(Collected data entries)
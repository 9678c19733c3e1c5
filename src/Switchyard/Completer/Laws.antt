-- ===== src/Switchyard/Completer/Laws.antt =====
-- What is offered for a command.
use Prim.Native.String.{[] as ε, ◌∷◌ as ◌⊳◌, count}
use text.Mathlib.TextLemmas.{nil-append, cons-append, append_cancel_left}
use nexus_ai_gateway.Prelude.{
  ℕ, String, ◌^◌, ◌≡◌, refl, sym, ap, ◌∙◌, subst, ◌≢◌, ◌≤◌, ◌↔◌, true, Option, none, some, List, [],
  ◌∷◌, In, here, there, In-cons, arith, Option-cases, inl, inr, strip_prefix, has_prefix,
  first_chars, le→leb,
}
use nexus_ai_gateway.Prelude.Int.{pos}
use nexus_ai_gateway.Switchyard.Parsing.Texts.{strip_prefix-append}
use nexus_ai_gateway.Switchyard.Completer.{
  commands, suffixes, complete_from, trim_blanks, split_blanks, last_of, options_of, complete_parts,
  Completion, complete_command, Entry, complete_line, complete,
}

stripped : (p s : String) → strip_prefix (p ^ s) p ≡ some s
unfolding strip_prefix
stripped ε s = rw (nil-append s) refl
stripped (c ⊳ p) s = rw (cons-append c p s) (ground (arith, stripped p s))

none≢some : {s : String} → none ≢ some s
none≢some h = cc

-- The candidates for a prefix are exactly the texts that make it one of the names.
suffixes-In_iff :
    (names : List String) (prefix c : String) → In c (suffixes names prefix) ↔ In (prefix ^ c) names
unfolding suffixes
suffixes-In_iff [] prefix c = (λ m. elim m [ ], λ m. elim m [ ])
suffixes-In_iff (name ∷ names) prefix c = elim (Option-cases (strip_prefix name prefix)) [
  | inl n ↦
      rw (suffixes, n)
        (
          λ m. there ((suffixes-In_iff names prefix c).0 m),
          λ m. elim (In-cons m) [
            | inl e ↦
                absurd
                  (none≢some (sym n ∙ ap (λ x. strip_prefix x prefix) (sym e) ∙ stripped prefix c))
            | inr k ↦ (suffixes-In_iff names prefix c).1 k
          ],
        )
  | inr (s, e) ↦
      rw (suffixes, e)
        (
          λ m. elim (In-cons m) [
            | inl same ↦
                subst (λ x. In x (name ∷ names))
                  (strip_prefix-append name prefix s e ∙ ap (λ t. prefix ^ t) (sym same)) here
            | inr k ↦ there ((suffixes-In_iff names prefix c).0 k)
          ],
          λ m. elim (In-cons m) [
            | inl same ↦
                subst (λ x. In x (s ∷ suffixes names prefix))
                  (append_cancel_left prefix s c
                    (sym (strip_prefix-append name prefix s e) ∙ sym same))
                  here
            | inr k ↦ there ((suffixes-In_iff names prefix c).1 k)
          ],
        )
]

-- The names that the words of a line ask for, and the word that is completed to one of them.
abbrev pub offered : List String → Option (List String × String)
offered [] = none
offered (word ∷ []) = some (commands, word)
offered (command ∷ word ∷ more) = elim (options_of command) [
  | none ↦ none
  | some names ↦ some (names, last_of word more)
]

abbrev offered_as : Option (List String × String) → Option Completion
offered_as none = none
offered_as (some (names, word)) = some (complete_from names word)

complete_parts-offered : (parts : List String) → complete_parts parts ≡ offered_as (offered parts)
unfolding complete_parts
complete_parts-offered [] = refl
complete_parts-offered (word ∷ []) = refl
complete_parts-offered (command ∷ word ∷ more) = elim (Option-cases (options_of command)) [
  | inl n ↦ rw (complete_parts, offered, offered_as, n) refl
  | inr (found, e) ↦ rw (complete_parts, offered, offered_as, e) refl
]

module _ (read_dir : String → Option (List Entry)) (line : String) (n : ℕ) where
  -- The words up to the position, without leading blanks.
  abbrev pub words : List String
  words = split_blanks (trim_blanks (first_chars n line))

  completed :
      (c : Completion)
      → n ≤ count line
      → has_prefix (trim_blanks (first_chars n line)) "/" ≡ true
      → complete_parts words ≡ some c
      → complete read_dir line (pos n) ≡ c
  unfolding complete complete_line complete_command
  completed c le slash e =
      rw (complete, le→leb n (count line) le) (rw (complete_line, complete_command, slash, e) refl)

  -- At a position within a line that starts with a slash, what is offered is exactly what completes the
  -- word there: a single word to one of the commands, and the last word behind a command that has
  -- options to one of them.
  pub complete-In_iff :
      (names : List String) (word c : String)
      → n ≤ count line
      → has_prefix (trim_blanks (first_chars n line)) "/" ≡ true
      → offered words ≡ some (names, word)
      → In c (complete read_dir line (pos n)).0 ↔ In (word ^ c) names
  unfolding complete_from
  complete-In_iff names word c le slash e =
      rw
        (completed (complete_from names word) le slash
          (complete_parts-offered words ∙ ap offered_as e))
        (suffixes-In_iff names word c)
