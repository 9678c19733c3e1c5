-- ===== src/Examples/Edits.antt =====
-- A model proposes to overwrite secrets and a source file.
use nexus_ai_gateway.Prelude.{
  String, ◌≡◌, refl, true, false, none, List, [], ◌∷◌, to_lower, trim_space, lookup, contains,
  has_prefix, strip_prefix,
}
use nexus_ai_gateway.Domain.Errors.{nil, ok}
use nexus_ai_gateway.Switchyard.Paths.{
  clean, base, matches, split_path, push_part, push_parts, join_stack, last_part, skips, starts,
}
use nexus_ai_gateway.Switchyard.Safety.{approve, is_protected_file, Git}
use nexus_ai_gateway.Switchyard.Edits.{ProposedEdit, Files, Disk, is_yes, apply_edits_with_policy}
use nexus_ai_gateway.Switchyard.Edits.Laws.{Forbids, apply_edits_with_policy-keeps}

pub secrets-protected : is_protected_file ".env.local" ≡ true
unfolding is_protected_file clean base matches split_path push_part push_parts join_stack last_part
    skips starts has_prefix strip_prefix contains
secrets-protected = refl

-- The name that Cargo gives its lock file has a capital, and the pattern has none.
lock_file-open : is_protected_file "Cargo.lock" ≡ false
unfolding is_protected_file clean base matches split_path push_part push_parts join_stack last_part
    skips starts has_prefix strip_prefix contains
lock_file-open = refl

abbrev pub disk : Disk
disk = record {
  make_parents = λ path. none;
  read_error = λ path. none;
  write_error = λ path. none;
  torn = λ path. none;
}

abbrev pub git : Git
git = record { inside_work_tree = nil; stash_create = ok "c0ffee" }

abbrev edit : String → ProposedEdit
edit path = record { file_path = path; old_text = ""; new_text = "x"; action = "write" }

abbrev files : Files
files = (".env.local", "KEY=1") ∷ []

abbrev answers : List String
answers = "n\n" ∷ []

declining : Forbids approve answers
unfolding is_yes to_lower trim_space
declining = refl

apply_edits_with_policy-keeps_example :
    lookup ".env.local"
      (apply_edits_with_policy disk git approve
        (edit ".env.local" ∷ edit "main.go" ∷ [])
        files
        answers).files
    ≡ lookup ".env.local" files
apply_edits_with_policy-keeps_example =
    apply_edits_with_policy-keeps disk git ".env.local" secrets-protected approve
      (edit ".env.local" ∷ edit "main.go" ∷ []) files answers declining
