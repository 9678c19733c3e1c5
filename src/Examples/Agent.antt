-- ===== src/Examples/Agent.antt =====
-- A remote task, carried out by a model's answer, and the terminal around it.
use text.Mathlib.TextLemmas.{cons≢nil}
use nexus_ai_gateway.Prelude.{
  String, ◌^◌, ◌≡◌, ◌↔◌, refl, subst, true, Option, none, some, List, [], ◌∷◌, ◌++◌, All, In, arith,
  lookup, to_lower, trim_space, strip_prefix, has_prefix, cut, first_chars,
}
use nexus_ai_gateway.Prelude.Int.{pos}
use nexus_ai_gateway.Domain.Errors.{plain, nil, ok}
use nexus_ai_gateway.Domain.Tasks.{RemoteTask}
use nexus_ai_gateway.Storage.Tasks.{
  find_task, list_pending, pending_by_time, is_pending_of, insert_by_time, first_rows,
}
use nexus_ai_gateway.Switchyard.Context.{found_file}
use nexus_ai_gateway.Switchyard.Safety.{policy_named, parse_policy}
use nexus_ai_gateway.Switchyard.Edits.{ProposedEdit}
use nexus_ai_gateway.Switchyard.Edits.Laws.{Forbids}
use nexus_ai_gateway.Switchyard.Parsing.{
  span_line, path_line, match_edit, match_write, find_all, parse_proposed_edits,
}
use nexus_ai_gateway.Switchyard.Parsing.Blocks.{Blocks}
use nexus_ai_gateway.Switchyard.Parsing.Found.{IsEdit, IsWrite, parse_proposed_edits-Blocks}
use nexus_ai_gateway.Switchyard.Session.{
  get_pricing, model_pricing_table, priced, new_session_stats, record_call,
}
use nexus_ai_gateway.Switchyard.Session.Economics.{recorded, start, next, IsSound, Reach-IsSound}
use nexus_ai_gateway.Switchyard.Calls.{replied}
use nexus_ai_gateway.Switchyard.Daemon.{
  RemoteTaskResponse, Gateway, received, read_pending, policy_or_approve, Worker,
  poll_and_execute_single_task,
}
use nexus_ai_gateway.Switchyard.Daemon.Laws.{task_policy, poll_and_execute_single_task-keeps}
use nexus_ai_gateway.Switchyard.Daemon.Served.{sent_task, served}
use nexus_ai_gateway.Switchyard.Daemon.Relay.{work, closed_task, poll-closed_task}
use nexus_ai_gateway.Switchyard.WebLogin.{
  CallbackRequest, saved, torn, delivered, CallbackPayload, Event, called, start_web_auth_flow,
  base_url_of,
}
use nexus_ai_gateway.Switchyard.WebLogin.Laws.{IsEarned, start_web_auth_flow-IsEarned}
use nexus_ai_gateway.Switchyard.Completer.{
  Entry, policies, trim_blanks, split_blanks, options_of, last_of, complete,
}
use nexus_ai_gateway.Switchyard.Completer.Laws.{words, offered, complete-In_iff}
use nexus_ai_gateway.Examples.Edits.{disk, git, secrets-protected}

-- A text that quotes a fence in the file that it proposes.
abbrev response : String
response = "Done.\n```write:README.md\nRun:\n```sh\nmake\n```\n```\n"

-- The content ends at the fence that it quotes.
truncated :
    parse_proposed_edits response
    ≡ some (
        record { file_path = "README.md"; old_text = ""; new_text = "Run:\n"; action = "write" }
        ∷ [])
unfolding parse_proposed_edits find_all match_edit match_write path_line span_line cut strip_prefix
    trim_space
truncated = refl

parse_proposed_edits-Blocks_example :
    (edits : List ProposedEdit) × (writes : List ProposedEdit) × (parse_proposed_edits response
      ≡ some (edits ++ writes))
    × Blocks IsEdit edits response
    × Blocks IsWrite writes response
parse_proposed_edits-Blocks_example = parse_proposed_edits-Blocks response

Reach-IsSound_example :
    IsSound (record_call "gpt-4o" 100 20 (record_call "auto" 10 5 new_session_stats))
Reach-IsSound_example =
    Reach-IsSound (next (next start (recorded "auto" 10 5 _)) (recorded "gpt-4o" 100 20 _))

-- A pinned model is priced as one that is not known, below its own price.
pinned : (get_pricing "anthropic:claude-3-5-sonnet-20241022").input ≡ 2500
unfolding get_pricing has_prefix strip_prefix lookup model_pricing_table priced
pinned = refl

abbrev worker : Worker
worker = record {
  credentials = none;
  env = [];
  transport = λ call. replied 200 "" "" (
      ok (record {
        contents = response ∷ [];
        model = "gpt-4o";
        prompt_tokens = 10;
        completion_tokens = 20;
      }));
  stat = λ path. found_file 3 (ok ("go" ∷ []));
  disk = disk;
  git = git;
}

abbrev task : RemoteTask
task = record {
  id = "task_1";
  project_id = "p1";
  prompt = "document the build";
  preset = "auto";
  policy = "safe-auto";
  budget = 0;
  status = "pending";
  result_summary = "";
  diff = "";
  claimed_by = "";
  created_at = 1;
  updated_at = 1;
}

abbrev gateway : Gateway
gateway = served "r1" 5 9

listed : list_pending nil "p1" (task ∷ []) ≡ ok (task ∷ [])
unfolding list_pending pending_by_time is_pending_of insert_by_time first_rows
listed = refl

stands : find_task "task_1" (task ∷ []) ≡ some task
unfolding find_task
stands = refl

poll-closed_task_example :
    let polled = poll_and_execute_single_task gateway worker "p1" "w1" [] [] (task ∷ []) in
    (polled.executed ≡ true)
    × (polled.error ≡ nil)
    × (polled.files ≡ (work worker "r1" "p1" "w1" 5 9 task [] []).1)
    × (find_task "task_1" polled.gateway
        ≡ some (closed_task 5 9 "w1" (work worker "r1" "p1" "w1" 5 9 task [] []).0 task))
poll-closed_task_example =
    poll-closed_task worker "r1" "p1" "w1" 5 9 task [] (task ∷ []) [] [] cons≢nil cons≢nil listed
      stands refl

-- A gateway that lists one task and agrees to all.
abbrev agreeing : Gateway
agreeing = record {
  State = Unit;
  pending = λ project_id s. received 200 (ok (sent_task task ∷ []));
  claim = λ id worker_id s. (received 200 (ok tt), s);
  complete = λ id summary diff failed s. (received 200 (ok tt), s);
}

ok-inj : {A : Type 0} {a b : A} → ok a ≡ ok b → a ≡ b
ok-inj h = cc

guarded :
    (tasks : List RemoteTaskResponse)
    → read_pending (agreeing.pending "p1" tt) ≡ ok tasks
    → All (λ t. Forbids (task_policy worker ".env.local" secrets-protected agreeing t) []) tasks
unfolding read_pending sent_task parse_policy policy_named policy_or_approve to_lower trim_space
guarded tasks h =
    subst
      (λ ts.
        All (λ t. Forbids (task_policy worker ".env.local" secrets-protected agreeing t) []) ts)
      (ok-inj h) (tt, tt)

poll_and_execute_single_task-keeps_example :
    lookup ".env.local"
      (poll_and_execute_single_task agreeing worker "p1" "w1" []
        ((".env.local", "KEY=1") ∷ [])
        tt).files
    ≡ lookup ".env.local" ((".env.local", "KEY=1") ∷ [])
poll_and_execute_single_task-keeps_example =
    poll_and_execute_single_task-keeps worker ".env.local" secrets-protected agreeing "p1" "w1" []
      ((".env.local", "KEY=1") ∷ []) tt guarded

abbrev empty_payload : CallbackPayload
empty_payload = record { key = ""; project = ""; state = "" }

abbrev bearing : CallbackRequest
bearing = record {
  method = "GET";
  body = none;
  query = record { key = "ngk_live_a"; project = "p1"; state = "00ff" };
}

-- A request without the nonce, one with it, whose result is taken, and one whose save fails late.
abbrev events : List Event
events =
    called saved (record { method = "GET"; body = none; query = empty_payload })
    ∷ called saved bearing
    ∷ delivered 0
    ∷ called (torn (plain "no space left on device") none) bearing
    ∷ []

start_web_auth_flow-IsEarned_example :
    IsEarned "00ff"
      (base_url_of "")
      events
      none
      (start_web_auth_flow (λ port. true) (some "00ff") "" none events)
start_web_auth_flow-IsEarned_example =
    start_web_auth_flow-IsEarned (λ port. true) "00ff" "" none events

abbrev no_entries : String → Option (List Entry)
no_entries dir = none

slash : has_prefix (trim_blanks (first_chars 10 "/policy sa")) "/" ≡ true
unfolding has_prefix strip_prefix trim_blanks first_chars
slash = refl

asked : offered (words no_entries "/policy sa" 10) ≡ some (policies, "sa")
unfolding options_of last_of split_blanks trim_blanks first_chars
asked = refl

complete-In_iff_example :
    In "fe-auto" (complete no_entries "/policy sa" (pos 10)).0 ↔ In ("sa" ^ "fe-auto") policies
complete-In_iff_example =
    complete-In_iff no_entries "/policy sa" 10 policies "sa" "fe-auto" (omega arith) slash asked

• **What the task asks**: Report every line in the data that holds "method", copying each one.

• **Task solution**:
  method = "GET";
    called saved (record { method = "GET"; body = none; query = empty_payload })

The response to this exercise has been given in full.